Johnson’s algorithm for All-pairs shortest paths | Implementation

Given a weighted Directed Graph where the weights may be negative, find the shortest path between every pair of vertices in the Graph using Johnson’s Algorithm.

The detailed explanation of Johnson’s algorithm has already been discussed in the previous post.

Refer: Johnson’s algorithm for All-pairs shortest paths.
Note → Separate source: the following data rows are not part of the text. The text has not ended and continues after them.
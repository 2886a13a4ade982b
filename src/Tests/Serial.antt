-- ===== src/Tests/Serial.antt =====
-- Packets on the serial line, from the message to the driver and back.
use libtta.Base.{
  ℕ, ◌≡◌, refl, pos, none, some, List, [], ◌∷◌, ◌++◌, length, length-replicate, replicate, ◌&&◌,
  ◌==◌, if◌then◌else◌, u8, arith,
}
use libtta.Base.Run.{ok, fault, Returns, pure}
use libtta.Context.{State, embbadcrc}
use libtta.Message.Laws.{message}
use libtta.Checksum.Laws.{xor_bytes, total}
use libtta.Packet.{check_sums, reject}
use libtta.Packet.Check.{check_sums_lem}
use libtta.Core.Api.{send}
use libtta.Rs485.Port.{Rs485, flush, write_uart}
use libtta.Rs485.Port.Laws.{Uart, write_uart-Uart}
use libtta.Rs485.Packet.{check_integrity}
use libtta.Rs485.Packet.Laws.{check_integrity-corrupted}
use libtta.Rs485.Modes.{new_rs485}
use libtta.Rs485.Modes.Laws.{Made, new_rs485-Made}
use libtta.Rs485.Device.{backend}
use libtta.Rs485.Device.Message.{send-frame, send-fault}
use libtta.Rs485.Device.Flag.{flush-Ends}
use libtta.Tests.Fixture.{calm_system, line, port, with_data}

abbrev idle : State Rs485 (List ℕ)
idle = with_data port []

abbrev two : List ℕ
two = 10 ∷ 20 ∷ []

-- The byte 10 arrives as 11.
check_integrity-corrupted_example :
    Returns
      (check_integrity line (0xF7 ∷ 1 ∷ 2 ∷ 3 ∷ 2 ∷ 11 ∷ 20 ∷ 235 ∷ 8 ∷ []) 9 idle)
      (λ rc t. (rc ≡ none) × (t.errno ≡ embbadcrc))
check_integrity-corrupted_example =
    check_integrity-corrupted line 7 1 2 3 two idle (flush-Ends line) (0xF7 ∷ 1 ∷ 2 ∷ 3 ∷ 2 ∷ [])
      (20 ∷ 235 ∷ 8 ∷ []) 10 11 refl (omega arith) (omega arith) (omega arith)

check_sums_lem_example :
    check_sums (flush line) (6 ∷ 5 ∷ 6 ∷ 11 ∷ []) 4 idle
    ≡ (if xor_bytes 0 (6 ∷ 5 ∷ []) == 6 && u8 (total (6 ∷ 5 ∷ 6 ∷ [])) == 11
          then pure (some 4)
          else reject (flush line))
        idle
check_sums_lem_example =
    check_sums_lem (flush line) 4 (6 ∷ 5 ∷ 6 ∷ 11 ∷ []) 6 11 idle refl (omega arith) refl refl

send-frame_example :
    send calm_system 1 (backend line calm_system 1) (message 7 1 2 3 two) idle
    ≡ ok (some 9, with_data port [])
send-frame_example =
    send-frame line calm_system 0 (length-replicate {A = ℕ} 260 0) 7 1 2 3 two idle [] (omega arith)
      refl refl

abbrev many : List ℕ
many = replicate 254 0

many-length : length many ≡ 254
many-length = length-replicate {A = ℕ} 254 0

send-fault_example :
    send calm_system 1 (backend line calm_system 1) (message 7 1 2 3 many) idle ≡ fault
send-fault_example =
    send-fault line calm_system 1 (length-replicate {A = ℕ} 260 0) 7 1 2 3 many idle
      (omega (arith, many-length))

write_uart-Uart_example :
    Uart line
      (pos 3)
      idle
      (line.write (pos 3) two [])
      (write_uart line (pos 3) (two ++ 0 ∷ []) 2 idle)
write_uart-Uart_example = write_uart-Uart line (pos 3) two (0 ∷ []) idle

-- The text "/dev/tty", 9600 baud, no parity, 8 bits and 1 stop bit.
abbrev tty : List ℕ
tty = b'/' ∷ b'd' ∷ b'e' ∷ b'v' ∷ b'/' ∷ b't' ∷ b't' ∷ b'y' ∷ []

abbrev raw_data : Rs485
raw_data = record port { device = replicate 16 7 }

new_rs485-Made_example :
    Returns
      (new_rs485 idle.ctx raw_data (tty ++ 0 ∷ []) (pos 9600) b'N' 8 1 embbadcrc)
      (Made raw_data tty (pos 9600) b'N' 8 1 embbadcrc)
new_rs485-Made_example =
    new_rs485-Made idle.ctx raw_data tty [] (pos 9600) b'N' 8 1 embbadcrc (ground arith)
      (omega arith)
This post focusses on the implementation of Johnson’s Algorithm.

Algorithm:

  1. Let the given graph be G. Add a new vertex s to the graph, add edges from new vertex to all vertices of G. Let the modified graph be G’.
  2. Run Bellman-Ford algorithm on G’ with s as source. Let the distances calculated by Bellman-Ford be h[0], h[1], .. h[V-1]. If we find a negative weight cycle, then return. Note that the negative weight cycle cannot be created by new vertex s as there is no edge to s. All edges are from s.
  3. Reweight the edges of original graph. For each edge (u, v), assign the new weight as “original weight + h[u] – h[v]”.
  4. Remove the added vertex s and run Dijkstra’s algorithm for every vertex.

Example:
Let us consider the following graph.

Johnson1

We add a source s and add edges from s to all vertices of the original graph. In the following diagram s is 4.

Johnson2

We calculate the shortest distances from 4 to all other vertices using Bellman-Ford algorithm. The shortest distances from 4 to 0, 1, 2 and 3 are 0, -5, -1 and 0 respectively, i.e., h[] = {0, -5, -1, 0}. Once we get these distances, we remove the source vertex 4 and reweight the edges using following formula. w(u, v) = w(u, v) + h[u] – h[v].

Johnson3

Since all weights are positive now, we can run Dijkstra’s shortest path algorithm for every vertex as source.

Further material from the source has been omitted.